What the exercise asks
In the data below, which lines hold the word "dropped"? Copy them.

● ● ● ● ● ● ●

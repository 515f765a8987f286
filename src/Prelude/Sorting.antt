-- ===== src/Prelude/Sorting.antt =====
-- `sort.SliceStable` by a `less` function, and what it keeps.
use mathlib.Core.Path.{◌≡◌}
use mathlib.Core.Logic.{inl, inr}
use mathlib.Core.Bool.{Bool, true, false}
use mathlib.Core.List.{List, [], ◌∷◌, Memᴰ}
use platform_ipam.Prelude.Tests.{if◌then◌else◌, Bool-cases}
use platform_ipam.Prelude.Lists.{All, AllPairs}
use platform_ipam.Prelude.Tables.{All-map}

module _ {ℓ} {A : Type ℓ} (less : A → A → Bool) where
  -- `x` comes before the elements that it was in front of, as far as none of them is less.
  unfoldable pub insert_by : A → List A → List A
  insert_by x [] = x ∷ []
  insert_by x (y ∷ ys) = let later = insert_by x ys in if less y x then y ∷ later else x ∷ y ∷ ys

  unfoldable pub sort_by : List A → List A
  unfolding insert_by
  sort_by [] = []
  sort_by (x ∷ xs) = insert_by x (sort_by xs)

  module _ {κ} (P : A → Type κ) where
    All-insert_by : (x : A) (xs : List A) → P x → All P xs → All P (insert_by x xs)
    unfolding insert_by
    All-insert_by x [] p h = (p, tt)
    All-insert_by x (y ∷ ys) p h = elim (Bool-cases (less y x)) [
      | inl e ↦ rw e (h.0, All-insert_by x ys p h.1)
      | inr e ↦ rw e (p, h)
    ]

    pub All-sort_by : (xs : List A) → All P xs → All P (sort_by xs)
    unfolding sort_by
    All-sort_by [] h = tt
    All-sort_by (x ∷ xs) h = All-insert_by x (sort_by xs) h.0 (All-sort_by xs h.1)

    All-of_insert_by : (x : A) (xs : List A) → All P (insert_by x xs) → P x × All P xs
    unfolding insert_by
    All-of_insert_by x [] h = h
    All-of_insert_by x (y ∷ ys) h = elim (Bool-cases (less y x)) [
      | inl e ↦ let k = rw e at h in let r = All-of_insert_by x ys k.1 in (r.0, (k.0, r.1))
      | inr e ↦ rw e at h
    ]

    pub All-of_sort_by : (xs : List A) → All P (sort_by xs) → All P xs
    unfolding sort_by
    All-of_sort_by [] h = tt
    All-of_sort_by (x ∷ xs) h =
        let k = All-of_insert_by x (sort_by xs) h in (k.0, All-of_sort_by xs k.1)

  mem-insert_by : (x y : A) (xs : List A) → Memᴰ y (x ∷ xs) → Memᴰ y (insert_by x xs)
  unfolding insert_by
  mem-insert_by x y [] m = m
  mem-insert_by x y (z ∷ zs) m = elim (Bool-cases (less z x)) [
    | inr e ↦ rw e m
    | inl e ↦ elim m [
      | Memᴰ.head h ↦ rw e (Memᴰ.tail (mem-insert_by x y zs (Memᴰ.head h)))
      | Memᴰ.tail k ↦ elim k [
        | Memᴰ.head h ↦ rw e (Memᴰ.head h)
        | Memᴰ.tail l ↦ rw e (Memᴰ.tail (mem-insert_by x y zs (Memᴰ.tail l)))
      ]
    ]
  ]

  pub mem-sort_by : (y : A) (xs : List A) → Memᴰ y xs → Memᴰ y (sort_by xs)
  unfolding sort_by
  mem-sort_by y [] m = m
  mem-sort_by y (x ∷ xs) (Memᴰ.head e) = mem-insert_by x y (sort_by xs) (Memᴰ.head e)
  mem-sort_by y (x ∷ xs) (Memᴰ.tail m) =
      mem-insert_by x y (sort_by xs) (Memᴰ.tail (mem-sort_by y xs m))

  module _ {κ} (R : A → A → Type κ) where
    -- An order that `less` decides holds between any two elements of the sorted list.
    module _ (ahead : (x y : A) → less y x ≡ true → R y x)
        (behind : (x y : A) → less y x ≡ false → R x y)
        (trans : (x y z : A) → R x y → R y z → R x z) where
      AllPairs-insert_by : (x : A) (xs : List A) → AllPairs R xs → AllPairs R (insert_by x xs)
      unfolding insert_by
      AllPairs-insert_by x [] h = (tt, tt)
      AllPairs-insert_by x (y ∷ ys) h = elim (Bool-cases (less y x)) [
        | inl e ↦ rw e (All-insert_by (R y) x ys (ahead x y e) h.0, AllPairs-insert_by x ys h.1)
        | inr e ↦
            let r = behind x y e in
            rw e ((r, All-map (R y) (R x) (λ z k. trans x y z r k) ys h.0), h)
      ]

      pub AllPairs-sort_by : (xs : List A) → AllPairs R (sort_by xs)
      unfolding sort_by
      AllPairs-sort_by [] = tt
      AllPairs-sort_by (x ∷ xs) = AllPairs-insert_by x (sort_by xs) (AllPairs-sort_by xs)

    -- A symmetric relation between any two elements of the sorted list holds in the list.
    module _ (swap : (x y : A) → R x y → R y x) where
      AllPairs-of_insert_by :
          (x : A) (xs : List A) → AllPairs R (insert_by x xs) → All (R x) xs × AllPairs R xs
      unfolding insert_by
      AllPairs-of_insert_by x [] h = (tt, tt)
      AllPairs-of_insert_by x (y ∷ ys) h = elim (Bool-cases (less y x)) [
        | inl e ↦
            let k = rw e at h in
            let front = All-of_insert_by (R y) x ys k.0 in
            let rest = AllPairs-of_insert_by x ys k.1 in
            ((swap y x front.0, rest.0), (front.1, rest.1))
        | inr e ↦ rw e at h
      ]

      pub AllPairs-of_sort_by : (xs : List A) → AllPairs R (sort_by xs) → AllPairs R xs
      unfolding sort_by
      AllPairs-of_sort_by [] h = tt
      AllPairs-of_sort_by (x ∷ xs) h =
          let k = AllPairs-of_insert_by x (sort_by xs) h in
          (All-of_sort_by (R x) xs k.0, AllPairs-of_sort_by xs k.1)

● ● ● ● ● ● ●

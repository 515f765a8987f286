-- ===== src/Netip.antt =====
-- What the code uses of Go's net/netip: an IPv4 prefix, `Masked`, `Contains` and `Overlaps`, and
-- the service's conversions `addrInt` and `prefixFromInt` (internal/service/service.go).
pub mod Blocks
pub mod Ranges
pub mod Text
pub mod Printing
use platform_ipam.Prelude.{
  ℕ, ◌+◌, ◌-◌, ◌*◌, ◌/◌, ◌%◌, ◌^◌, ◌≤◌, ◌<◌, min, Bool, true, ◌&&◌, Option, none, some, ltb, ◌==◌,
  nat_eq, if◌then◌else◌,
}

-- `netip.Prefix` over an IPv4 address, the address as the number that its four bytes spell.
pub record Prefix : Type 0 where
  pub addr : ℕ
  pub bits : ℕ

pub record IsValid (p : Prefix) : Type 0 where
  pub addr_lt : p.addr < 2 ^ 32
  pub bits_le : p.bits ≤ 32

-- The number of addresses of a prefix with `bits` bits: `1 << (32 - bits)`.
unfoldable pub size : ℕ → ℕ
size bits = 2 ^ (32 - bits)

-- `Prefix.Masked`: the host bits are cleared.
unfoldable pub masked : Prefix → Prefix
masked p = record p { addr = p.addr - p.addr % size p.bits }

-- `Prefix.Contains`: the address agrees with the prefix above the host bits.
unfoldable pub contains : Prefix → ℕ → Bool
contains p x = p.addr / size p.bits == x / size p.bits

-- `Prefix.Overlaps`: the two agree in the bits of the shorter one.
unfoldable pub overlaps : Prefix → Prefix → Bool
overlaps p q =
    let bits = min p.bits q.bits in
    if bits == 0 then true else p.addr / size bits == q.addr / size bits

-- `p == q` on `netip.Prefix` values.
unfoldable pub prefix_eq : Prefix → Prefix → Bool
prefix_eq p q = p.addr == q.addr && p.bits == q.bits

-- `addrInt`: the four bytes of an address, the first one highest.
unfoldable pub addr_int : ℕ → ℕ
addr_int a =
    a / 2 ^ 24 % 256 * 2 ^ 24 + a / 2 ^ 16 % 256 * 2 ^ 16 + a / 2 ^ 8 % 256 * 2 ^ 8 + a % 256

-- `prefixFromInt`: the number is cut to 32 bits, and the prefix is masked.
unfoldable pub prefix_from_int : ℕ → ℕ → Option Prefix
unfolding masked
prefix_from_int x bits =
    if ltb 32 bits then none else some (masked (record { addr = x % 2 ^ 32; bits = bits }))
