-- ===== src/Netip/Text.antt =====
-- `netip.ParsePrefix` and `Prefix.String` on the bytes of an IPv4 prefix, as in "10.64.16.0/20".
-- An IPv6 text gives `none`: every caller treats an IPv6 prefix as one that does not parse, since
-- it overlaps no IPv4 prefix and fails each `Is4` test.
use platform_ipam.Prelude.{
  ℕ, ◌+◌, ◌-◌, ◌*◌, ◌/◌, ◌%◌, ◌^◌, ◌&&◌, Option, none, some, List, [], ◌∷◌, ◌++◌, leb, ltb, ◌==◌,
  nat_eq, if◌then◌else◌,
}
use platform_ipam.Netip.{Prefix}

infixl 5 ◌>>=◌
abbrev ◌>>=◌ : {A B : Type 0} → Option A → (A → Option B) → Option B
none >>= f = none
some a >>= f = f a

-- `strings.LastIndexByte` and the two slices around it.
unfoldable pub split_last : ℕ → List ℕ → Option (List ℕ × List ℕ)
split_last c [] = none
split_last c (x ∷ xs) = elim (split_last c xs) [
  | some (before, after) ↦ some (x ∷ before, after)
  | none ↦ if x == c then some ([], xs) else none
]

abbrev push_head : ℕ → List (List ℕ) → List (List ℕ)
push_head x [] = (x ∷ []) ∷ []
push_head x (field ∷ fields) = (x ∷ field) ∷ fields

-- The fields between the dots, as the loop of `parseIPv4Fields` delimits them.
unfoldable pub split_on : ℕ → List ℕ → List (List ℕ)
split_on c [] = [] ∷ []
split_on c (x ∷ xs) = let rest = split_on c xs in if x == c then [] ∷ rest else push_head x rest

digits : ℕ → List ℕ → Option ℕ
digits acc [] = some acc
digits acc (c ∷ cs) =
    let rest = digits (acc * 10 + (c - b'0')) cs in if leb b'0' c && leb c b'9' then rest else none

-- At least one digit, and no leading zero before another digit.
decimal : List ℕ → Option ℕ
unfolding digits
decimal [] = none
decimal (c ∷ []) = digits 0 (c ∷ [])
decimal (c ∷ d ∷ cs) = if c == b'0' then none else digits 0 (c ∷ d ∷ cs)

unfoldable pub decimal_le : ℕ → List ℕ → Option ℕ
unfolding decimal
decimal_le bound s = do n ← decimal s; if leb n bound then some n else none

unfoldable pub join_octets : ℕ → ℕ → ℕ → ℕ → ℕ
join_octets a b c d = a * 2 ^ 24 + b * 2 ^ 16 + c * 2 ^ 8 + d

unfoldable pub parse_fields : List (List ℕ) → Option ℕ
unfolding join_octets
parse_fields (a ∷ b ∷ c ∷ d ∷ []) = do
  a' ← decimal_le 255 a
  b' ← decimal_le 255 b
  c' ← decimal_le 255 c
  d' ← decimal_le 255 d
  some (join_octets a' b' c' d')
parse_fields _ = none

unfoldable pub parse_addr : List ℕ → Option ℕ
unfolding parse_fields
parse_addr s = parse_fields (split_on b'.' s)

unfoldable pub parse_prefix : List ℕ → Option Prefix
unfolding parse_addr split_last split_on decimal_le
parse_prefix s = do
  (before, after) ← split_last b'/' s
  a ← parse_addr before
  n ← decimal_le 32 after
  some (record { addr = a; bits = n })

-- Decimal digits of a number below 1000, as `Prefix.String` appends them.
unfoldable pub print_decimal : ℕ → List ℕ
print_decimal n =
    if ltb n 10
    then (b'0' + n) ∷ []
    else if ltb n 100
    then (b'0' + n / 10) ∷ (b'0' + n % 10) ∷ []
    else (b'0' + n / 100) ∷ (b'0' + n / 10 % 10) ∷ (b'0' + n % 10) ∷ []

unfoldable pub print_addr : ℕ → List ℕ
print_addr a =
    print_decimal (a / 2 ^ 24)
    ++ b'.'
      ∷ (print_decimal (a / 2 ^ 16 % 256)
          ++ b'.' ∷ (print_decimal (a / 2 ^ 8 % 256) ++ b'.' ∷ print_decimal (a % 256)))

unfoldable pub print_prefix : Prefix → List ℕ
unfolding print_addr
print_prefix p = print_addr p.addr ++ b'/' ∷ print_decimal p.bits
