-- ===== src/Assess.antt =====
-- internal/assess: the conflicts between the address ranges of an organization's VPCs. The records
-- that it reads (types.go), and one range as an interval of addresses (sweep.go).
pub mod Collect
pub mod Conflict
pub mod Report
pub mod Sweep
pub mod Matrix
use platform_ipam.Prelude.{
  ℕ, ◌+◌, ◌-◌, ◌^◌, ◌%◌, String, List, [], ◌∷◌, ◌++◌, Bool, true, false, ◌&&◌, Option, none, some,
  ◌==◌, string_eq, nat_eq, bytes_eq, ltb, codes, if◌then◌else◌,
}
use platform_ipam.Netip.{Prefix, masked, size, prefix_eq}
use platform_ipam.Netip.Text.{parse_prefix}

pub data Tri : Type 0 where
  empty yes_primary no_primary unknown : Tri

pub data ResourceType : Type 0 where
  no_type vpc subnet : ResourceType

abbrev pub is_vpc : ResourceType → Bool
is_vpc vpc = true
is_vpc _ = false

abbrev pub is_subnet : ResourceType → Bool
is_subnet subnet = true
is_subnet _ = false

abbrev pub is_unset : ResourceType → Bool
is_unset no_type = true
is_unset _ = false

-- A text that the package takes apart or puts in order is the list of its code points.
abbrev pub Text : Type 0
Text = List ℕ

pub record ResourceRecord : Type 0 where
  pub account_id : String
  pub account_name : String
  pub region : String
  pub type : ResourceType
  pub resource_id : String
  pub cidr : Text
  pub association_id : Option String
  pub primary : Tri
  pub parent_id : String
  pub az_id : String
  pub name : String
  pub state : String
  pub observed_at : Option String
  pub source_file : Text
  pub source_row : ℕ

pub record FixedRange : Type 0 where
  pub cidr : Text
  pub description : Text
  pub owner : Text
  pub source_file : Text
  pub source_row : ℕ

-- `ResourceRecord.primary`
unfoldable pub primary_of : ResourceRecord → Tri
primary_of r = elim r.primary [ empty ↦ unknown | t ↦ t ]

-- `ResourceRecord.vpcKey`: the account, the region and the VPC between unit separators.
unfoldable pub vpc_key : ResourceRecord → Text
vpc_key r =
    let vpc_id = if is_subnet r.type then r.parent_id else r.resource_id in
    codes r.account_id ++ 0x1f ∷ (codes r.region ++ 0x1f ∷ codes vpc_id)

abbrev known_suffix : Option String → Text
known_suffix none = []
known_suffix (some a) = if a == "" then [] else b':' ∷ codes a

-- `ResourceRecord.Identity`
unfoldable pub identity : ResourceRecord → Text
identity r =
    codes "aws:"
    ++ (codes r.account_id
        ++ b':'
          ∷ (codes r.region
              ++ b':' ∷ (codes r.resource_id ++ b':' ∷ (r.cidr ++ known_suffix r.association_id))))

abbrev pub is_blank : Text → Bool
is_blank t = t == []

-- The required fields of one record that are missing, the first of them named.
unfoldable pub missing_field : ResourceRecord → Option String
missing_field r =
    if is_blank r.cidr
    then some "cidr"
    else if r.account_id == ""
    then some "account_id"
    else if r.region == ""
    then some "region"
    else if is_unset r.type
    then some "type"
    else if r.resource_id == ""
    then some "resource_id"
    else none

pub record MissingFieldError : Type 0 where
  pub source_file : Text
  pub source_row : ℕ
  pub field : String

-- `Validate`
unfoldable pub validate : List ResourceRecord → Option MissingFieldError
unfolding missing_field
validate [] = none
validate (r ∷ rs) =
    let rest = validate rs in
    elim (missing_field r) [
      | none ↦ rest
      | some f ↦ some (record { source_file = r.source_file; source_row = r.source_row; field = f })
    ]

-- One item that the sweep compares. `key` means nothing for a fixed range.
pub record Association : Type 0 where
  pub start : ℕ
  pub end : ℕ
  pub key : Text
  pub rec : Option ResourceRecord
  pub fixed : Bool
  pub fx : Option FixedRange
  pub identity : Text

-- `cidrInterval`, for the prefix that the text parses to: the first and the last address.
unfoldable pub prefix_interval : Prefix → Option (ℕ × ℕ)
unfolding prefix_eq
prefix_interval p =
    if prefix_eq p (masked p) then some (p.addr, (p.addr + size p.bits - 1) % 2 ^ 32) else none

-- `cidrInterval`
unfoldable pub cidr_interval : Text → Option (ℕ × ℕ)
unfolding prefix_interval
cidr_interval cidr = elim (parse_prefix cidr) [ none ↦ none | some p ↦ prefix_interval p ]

● ● ● ● ● ● ●

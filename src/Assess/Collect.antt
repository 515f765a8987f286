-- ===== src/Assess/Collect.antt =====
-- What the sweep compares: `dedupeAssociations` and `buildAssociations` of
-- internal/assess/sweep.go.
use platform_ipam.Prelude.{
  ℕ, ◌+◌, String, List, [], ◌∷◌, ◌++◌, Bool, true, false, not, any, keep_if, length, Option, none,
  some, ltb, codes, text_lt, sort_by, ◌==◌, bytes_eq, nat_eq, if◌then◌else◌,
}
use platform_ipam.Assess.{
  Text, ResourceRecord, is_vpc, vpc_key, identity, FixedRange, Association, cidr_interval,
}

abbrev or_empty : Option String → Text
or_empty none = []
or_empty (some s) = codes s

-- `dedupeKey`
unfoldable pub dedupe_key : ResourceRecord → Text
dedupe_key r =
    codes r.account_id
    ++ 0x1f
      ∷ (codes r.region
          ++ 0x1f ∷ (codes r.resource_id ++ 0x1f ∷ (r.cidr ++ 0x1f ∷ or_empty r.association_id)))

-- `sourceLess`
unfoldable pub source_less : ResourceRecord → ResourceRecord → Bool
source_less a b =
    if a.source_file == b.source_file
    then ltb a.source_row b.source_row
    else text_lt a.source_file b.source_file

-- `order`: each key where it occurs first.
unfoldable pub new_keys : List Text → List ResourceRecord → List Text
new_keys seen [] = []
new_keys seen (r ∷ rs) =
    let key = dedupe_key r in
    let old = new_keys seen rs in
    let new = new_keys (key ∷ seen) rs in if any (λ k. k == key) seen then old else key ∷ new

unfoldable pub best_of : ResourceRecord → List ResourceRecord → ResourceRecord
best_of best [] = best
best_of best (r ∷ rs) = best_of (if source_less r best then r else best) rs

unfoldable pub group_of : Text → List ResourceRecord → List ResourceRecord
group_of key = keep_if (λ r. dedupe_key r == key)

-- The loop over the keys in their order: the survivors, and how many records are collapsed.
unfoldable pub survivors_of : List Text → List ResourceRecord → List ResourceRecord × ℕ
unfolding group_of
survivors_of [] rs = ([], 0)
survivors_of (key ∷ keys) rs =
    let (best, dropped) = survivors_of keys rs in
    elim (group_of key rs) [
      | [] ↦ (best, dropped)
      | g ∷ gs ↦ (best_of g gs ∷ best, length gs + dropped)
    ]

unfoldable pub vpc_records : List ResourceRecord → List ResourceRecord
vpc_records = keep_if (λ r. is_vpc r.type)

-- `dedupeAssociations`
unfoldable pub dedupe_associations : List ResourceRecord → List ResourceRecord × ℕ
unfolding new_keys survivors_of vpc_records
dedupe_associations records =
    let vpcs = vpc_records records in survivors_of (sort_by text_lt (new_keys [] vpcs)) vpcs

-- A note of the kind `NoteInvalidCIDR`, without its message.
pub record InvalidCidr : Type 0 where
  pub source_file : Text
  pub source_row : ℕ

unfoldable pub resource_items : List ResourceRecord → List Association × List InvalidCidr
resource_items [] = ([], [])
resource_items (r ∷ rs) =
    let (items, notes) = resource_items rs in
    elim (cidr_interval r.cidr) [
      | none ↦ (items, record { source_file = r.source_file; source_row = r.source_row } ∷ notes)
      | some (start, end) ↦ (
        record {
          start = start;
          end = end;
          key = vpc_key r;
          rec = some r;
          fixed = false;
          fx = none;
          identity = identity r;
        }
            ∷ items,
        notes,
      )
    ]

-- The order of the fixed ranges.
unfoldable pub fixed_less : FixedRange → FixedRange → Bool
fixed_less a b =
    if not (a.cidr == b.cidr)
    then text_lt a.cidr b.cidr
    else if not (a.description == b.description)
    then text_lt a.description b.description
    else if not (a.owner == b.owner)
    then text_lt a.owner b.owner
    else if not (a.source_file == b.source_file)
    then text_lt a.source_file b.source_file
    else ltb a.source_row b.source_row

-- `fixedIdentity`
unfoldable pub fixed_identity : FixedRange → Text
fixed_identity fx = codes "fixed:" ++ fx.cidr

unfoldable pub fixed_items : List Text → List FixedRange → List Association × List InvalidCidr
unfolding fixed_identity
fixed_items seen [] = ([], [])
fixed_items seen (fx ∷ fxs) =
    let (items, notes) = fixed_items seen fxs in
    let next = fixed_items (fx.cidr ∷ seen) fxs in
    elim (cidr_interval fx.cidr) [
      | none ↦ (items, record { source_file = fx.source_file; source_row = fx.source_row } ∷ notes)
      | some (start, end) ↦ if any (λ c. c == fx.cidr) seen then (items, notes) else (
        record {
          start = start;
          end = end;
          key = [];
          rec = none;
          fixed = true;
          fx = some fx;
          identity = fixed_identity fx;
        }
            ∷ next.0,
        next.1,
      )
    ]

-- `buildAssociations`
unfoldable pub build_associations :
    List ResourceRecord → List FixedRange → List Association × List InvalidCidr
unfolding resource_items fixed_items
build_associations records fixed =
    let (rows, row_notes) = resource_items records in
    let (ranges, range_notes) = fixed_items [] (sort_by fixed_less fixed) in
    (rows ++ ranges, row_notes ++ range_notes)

● ● ● ● ● ● ●

Response below
    let (best, dropped) = survivors_of keys rs in
      | [] ↦ (best, dropped)
      | g ∷ gs ↦ (best_of g gs ∷ best, length gs + dropped)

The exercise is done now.